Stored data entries
#####

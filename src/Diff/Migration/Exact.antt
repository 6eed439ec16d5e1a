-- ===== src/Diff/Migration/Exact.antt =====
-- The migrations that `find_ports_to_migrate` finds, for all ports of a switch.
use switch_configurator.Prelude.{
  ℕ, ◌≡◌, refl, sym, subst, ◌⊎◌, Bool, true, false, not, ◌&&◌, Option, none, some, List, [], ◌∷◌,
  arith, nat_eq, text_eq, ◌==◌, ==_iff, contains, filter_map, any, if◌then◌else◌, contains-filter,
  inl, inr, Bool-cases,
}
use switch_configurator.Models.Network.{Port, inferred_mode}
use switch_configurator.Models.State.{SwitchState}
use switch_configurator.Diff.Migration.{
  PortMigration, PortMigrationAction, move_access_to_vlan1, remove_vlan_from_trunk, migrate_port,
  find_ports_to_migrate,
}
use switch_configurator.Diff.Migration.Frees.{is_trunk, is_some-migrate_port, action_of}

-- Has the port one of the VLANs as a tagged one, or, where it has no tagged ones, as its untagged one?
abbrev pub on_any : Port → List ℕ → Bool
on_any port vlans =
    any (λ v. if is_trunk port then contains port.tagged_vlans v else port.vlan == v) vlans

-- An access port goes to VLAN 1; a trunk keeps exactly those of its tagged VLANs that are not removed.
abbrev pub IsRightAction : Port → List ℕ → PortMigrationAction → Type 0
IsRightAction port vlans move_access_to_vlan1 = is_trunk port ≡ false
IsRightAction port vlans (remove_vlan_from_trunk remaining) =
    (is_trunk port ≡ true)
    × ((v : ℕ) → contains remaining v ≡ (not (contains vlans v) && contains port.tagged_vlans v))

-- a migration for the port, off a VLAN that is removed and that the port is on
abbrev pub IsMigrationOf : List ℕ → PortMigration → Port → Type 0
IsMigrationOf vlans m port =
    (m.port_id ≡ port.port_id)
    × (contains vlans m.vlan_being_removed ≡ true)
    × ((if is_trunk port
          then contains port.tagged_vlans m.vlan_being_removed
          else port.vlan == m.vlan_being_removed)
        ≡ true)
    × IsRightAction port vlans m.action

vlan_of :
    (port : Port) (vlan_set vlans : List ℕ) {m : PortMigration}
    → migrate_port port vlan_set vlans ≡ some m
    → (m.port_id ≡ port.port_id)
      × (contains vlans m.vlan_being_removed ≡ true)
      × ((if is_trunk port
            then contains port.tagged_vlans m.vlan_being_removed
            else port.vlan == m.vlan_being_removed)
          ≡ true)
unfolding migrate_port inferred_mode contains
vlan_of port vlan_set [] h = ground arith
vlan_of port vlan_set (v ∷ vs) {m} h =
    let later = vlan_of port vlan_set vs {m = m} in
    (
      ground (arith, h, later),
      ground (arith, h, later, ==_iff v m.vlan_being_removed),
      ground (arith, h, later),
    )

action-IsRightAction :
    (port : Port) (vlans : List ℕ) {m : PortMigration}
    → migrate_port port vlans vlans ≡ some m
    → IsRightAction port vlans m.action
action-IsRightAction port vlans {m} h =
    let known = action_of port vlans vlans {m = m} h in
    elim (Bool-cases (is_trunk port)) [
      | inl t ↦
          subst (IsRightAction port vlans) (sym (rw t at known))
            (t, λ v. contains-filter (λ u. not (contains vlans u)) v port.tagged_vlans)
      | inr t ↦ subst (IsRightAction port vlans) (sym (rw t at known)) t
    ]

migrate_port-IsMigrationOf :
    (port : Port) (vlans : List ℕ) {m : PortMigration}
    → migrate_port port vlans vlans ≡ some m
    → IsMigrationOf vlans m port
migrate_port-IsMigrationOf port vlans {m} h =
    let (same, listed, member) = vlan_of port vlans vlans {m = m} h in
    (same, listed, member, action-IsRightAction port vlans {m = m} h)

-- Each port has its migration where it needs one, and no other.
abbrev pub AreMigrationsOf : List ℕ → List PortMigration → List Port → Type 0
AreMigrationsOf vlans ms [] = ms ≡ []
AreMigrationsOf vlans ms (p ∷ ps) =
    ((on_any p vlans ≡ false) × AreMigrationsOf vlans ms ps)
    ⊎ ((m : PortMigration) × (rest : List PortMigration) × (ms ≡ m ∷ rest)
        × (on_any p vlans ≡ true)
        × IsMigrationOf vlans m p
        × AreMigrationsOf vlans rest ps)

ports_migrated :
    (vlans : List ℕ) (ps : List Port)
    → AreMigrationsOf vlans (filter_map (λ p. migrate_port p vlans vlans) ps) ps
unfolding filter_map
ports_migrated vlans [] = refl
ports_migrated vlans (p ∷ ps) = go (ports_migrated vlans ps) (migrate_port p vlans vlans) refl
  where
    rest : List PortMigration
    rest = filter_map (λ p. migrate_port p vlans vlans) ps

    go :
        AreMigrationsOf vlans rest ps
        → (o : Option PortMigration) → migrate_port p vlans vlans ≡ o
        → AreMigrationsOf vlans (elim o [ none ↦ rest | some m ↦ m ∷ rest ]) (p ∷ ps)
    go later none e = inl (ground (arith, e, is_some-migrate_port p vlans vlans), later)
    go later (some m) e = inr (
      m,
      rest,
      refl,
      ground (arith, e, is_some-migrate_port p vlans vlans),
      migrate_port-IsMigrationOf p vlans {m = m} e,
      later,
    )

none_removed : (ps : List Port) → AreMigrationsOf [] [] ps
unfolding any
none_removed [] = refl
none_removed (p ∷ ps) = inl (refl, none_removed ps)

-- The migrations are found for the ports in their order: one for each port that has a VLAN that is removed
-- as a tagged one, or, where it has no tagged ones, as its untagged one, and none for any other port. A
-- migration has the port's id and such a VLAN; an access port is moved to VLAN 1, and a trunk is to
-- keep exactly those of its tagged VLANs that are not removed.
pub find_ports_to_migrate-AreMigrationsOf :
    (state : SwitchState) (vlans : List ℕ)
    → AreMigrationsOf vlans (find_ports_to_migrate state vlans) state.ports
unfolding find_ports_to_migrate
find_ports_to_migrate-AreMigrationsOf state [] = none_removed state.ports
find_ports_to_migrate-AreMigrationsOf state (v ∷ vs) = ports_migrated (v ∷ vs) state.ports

#####

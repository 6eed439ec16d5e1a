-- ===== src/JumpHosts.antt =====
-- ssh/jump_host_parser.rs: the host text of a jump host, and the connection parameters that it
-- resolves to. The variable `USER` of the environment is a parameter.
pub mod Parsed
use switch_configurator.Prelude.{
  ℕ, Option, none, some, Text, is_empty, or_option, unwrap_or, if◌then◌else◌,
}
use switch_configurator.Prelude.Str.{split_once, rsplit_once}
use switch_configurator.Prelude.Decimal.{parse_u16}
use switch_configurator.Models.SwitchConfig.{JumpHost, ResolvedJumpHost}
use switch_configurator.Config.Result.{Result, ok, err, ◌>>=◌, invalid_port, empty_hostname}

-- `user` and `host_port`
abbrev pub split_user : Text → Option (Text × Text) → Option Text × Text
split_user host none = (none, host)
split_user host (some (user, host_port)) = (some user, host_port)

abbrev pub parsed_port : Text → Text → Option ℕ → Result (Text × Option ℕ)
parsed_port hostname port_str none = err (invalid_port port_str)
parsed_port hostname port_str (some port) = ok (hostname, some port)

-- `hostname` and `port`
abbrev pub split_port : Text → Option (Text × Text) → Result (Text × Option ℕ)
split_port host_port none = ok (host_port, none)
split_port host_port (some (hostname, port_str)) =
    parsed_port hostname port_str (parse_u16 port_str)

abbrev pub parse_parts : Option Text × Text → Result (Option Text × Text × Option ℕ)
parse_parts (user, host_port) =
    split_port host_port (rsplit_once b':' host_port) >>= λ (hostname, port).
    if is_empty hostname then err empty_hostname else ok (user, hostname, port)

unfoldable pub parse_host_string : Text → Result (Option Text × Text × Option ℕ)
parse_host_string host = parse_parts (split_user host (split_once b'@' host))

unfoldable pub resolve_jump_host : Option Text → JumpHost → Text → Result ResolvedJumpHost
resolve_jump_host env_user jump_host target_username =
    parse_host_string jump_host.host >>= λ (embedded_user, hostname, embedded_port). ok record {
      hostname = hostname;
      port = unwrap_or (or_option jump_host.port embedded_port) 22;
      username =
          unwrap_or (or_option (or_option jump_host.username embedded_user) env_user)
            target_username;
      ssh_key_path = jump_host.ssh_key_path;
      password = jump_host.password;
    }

#####

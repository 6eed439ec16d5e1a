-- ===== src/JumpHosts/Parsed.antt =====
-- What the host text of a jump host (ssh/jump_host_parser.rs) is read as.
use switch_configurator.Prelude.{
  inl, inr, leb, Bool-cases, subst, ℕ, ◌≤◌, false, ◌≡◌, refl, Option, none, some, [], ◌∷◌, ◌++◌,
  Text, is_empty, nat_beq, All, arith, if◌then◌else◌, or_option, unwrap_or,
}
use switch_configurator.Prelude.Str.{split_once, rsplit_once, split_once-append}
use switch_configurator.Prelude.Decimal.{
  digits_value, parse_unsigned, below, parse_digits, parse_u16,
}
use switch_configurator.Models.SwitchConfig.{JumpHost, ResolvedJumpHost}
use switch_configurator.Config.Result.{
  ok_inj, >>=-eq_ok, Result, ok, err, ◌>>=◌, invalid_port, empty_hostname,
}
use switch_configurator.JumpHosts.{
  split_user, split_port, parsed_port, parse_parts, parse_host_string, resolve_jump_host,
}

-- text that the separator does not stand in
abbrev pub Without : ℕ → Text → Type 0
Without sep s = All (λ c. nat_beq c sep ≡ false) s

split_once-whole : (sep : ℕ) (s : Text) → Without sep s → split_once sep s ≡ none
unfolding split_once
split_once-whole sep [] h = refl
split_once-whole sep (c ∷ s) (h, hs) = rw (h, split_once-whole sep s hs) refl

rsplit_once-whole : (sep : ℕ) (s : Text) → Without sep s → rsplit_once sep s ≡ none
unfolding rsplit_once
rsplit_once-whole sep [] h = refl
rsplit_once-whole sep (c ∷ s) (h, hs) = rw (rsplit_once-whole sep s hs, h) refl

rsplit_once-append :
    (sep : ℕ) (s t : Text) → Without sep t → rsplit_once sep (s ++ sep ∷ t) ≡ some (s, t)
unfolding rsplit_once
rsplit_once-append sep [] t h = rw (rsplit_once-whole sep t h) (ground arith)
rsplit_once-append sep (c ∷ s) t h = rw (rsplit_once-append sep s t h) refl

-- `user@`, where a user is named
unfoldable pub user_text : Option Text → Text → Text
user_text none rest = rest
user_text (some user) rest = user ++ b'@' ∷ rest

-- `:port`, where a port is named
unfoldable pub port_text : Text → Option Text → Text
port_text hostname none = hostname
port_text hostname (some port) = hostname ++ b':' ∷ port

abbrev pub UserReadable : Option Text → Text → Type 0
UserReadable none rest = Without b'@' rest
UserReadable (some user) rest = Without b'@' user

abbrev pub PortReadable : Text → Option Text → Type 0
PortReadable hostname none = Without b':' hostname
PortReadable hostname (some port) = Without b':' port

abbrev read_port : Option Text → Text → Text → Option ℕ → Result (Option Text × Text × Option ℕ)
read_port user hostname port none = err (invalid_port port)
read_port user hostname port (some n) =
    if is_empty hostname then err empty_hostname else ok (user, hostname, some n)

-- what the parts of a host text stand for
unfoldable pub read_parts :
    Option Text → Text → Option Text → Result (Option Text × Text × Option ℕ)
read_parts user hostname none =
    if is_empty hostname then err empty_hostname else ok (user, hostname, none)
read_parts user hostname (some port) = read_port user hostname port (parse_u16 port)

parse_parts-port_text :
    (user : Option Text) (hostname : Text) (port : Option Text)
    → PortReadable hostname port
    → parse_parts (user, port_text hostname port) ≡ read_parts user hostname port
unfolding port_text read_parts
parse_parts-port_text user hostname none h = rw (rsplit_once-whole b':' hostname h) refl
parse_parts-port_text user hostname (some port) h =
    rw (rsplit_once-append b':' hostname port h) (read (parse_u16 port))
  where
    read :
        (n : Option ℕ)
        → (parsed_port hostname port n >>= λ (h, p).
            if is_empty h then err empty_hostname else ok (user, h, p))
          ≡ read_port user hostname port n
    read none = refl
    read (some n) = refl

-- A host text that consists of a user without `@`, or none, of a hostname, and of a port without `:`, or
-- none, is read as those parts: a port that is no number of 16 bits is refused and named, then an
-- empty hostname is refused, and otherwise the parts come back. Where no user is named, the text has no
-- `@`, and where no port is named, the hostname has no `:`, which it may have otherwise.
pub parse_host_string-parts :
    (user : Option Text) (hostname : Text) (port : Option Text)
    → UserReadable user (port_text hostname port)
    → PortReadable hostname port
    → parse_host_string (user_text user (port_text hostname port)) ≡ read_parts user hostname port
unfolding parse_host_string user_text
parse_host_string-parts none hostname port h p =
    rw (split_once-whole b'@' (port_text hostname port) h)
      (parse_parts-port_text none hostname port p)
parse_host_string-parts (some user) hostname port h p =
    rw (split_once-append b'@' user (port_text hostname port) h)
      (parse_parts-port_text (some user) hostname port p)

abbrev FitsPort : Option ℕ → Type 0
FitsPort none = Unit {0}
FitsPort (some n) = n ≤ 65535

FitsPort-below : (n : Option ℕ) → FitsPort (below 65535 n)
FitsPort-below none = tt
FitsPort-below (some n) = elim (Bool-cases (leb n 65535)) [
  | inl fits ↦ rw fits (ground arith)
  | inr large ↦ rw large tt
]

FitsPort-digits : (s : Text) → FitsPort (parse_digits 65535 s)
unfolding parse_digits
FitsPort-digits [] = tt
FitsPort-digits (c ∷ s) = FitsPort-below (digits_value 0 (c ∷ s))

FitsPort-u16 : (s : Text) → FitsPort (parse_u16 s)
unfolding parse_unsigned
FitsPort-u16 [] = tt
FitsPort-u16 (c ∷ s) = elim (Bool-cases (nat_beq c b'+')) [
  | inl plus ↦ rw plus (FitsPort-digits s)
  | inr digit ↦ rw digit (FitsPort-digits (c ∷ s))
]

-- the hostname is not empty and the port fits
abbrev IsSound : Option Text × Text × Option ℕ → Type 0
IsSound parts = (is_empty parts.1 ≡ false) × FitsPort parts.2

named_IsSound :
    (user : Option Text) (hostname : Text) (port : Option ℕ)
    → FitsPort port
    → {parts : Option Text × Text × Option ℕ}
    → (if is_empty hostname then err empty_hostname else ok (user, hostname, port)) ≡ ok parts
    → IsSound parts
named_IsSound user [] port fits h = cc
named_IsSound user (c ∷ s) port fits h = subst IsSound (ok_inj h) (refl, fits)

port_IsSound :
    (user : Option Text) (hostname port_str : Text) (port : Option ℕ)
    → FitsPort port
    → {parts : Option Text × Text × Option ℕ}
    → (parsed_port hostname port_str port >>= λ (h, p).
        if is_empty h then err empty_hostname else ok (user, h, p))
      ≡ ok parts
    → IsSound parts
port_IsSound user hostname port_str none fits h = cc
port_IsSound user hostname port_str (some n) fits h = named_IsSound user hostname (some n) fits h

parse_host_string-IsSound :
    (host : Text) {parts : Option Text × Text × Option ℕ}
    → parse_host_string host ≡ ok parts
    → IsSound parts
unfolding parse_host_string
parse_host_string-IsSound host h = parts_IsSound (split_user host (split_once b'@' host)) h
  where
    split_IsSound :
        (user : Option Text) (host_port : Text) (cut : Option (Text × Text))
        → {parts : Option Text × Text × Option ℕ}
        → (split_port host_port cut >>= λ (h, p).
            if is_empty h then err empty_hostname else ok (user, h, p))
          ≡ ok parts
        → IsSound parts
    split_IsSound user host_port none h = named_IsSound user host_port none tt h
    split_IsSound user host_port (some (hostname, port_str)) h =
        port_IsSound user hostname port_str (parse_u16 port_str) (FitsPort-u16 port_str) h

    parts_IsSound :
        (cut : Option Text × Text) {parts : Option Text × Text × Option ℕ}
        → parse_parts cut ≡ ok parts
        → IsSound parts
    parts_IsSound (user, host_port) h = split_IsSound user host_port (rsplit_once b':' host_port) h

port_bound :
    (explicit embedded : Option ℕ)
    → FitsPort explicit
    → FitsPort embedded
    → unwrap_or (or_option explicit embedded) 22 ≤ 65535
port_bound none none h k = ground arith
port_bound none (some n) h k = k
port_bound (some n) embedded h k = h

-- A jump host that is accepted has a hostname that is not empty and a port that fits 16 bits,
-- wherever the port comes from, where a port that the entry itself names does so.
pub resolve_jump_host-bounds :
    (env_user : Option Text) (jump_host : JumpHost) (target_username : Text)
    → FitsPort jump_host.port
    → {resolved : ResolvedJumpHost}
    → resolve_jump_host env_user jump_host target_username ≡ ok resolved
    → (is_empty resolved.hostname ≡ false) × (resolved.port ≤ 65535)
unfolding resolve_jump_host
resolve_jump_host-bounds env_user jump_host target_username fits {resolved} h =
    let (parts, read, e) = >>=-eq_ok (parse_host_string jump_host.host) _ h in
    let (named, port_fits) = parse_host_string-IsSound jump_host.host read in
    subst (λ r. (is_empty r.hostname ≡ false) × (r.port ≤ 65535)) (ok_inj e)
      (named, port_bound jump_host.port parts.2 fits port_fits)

#####

◆ Aim of the exercise: Set down, exactly as they stand above, the lines starting with the line with "filename src/Diff/Migration/Exact.antt" and going on through the line with "(port : Port) (vlan_set", and no others.

◆ Output:
filename src/Diff/Migration/Exact.antt
repository 6eed439ec16d5e1a
-- ===== src/Diff/Migration/Exact.antt =====
-- The migrations that `find_ports_to_migrate` finds, for all ports of a switch.
use switch_configurator.Prelude.{
  ℕ, ◌≡◌, refl, sym, subst, ◌⊎◌, Bool, true, false, not, ◌&&◌, Option, none, some, List, [], ◌∷◌,
  arith, nat_eq, text_eq, ◌==◌, ==_iff, contains, filter_map, any, if◌then◌else◌, contains-filter,
  inl, inr, Bool-cases,
}
use switch_configurator.Models.Network.{Port, inferred_mode}
use switch_configurator.Models.State.{SwitchState}
use switch_configurator.Diff.Migration.{
  PortMigration, PortMigrationAction, move_access_to_vlan1, remove_vlan_from_trunk, migrate_port,
  find_ports_to_migrate,
}
use switch_configurator.Diff.Migration.Frees.{is_trunk, is_some-migrate_port, action_of}

-- Has the port one of the VLANs as a tagged one, or, where it has no tagged ones, as its untagged one?
abbrev pub on_any : Port → List ℕ → Bool
on_any port vlans =
    any (λ v. if is_trunk port then contains port.tagged_vlans v else port.vlan == v) vlans

-- An access port goes to VLAN 1; a trunk keeps exactly those of its tagged VLANs that are not removed.
abbrev pub IsRightAction : Port → List ℕ → PortMigrationAction → Type 0
IsRightAction port vlans move_access_to_vlan1 = is_trunk port ≡ false
IsRightAction port vlans (remove_vlan_from_trunk remaining) =
    (is_trunk port ≡ true)
    × ((v : ℕ) → contains remaining v ≡ (not (contains vlans v) && contains port.tagged_vlans v))

-- a migration for the port, off a VLAN that is removed and that the port is on
abbrev pub IsMigrationOf : List ℕ → PortMigration → Port → Type 0
IsMigrationOf vlans m port =
    (m.port_id ≡ port.port_id)
    × (contains vlans m.vlan_being_removed ≡ true)
    × ((if is_trunk port
          then contains port.tagged_vlans m.vlan_being_removed
          else port.vlan == m.vlan_being_removed)
        ≡ true)
    × IsRightAction port vlans m.action

vlan_of :
    (port : Port) (vlan_set vlans : List ℕ) {m : PortMigration}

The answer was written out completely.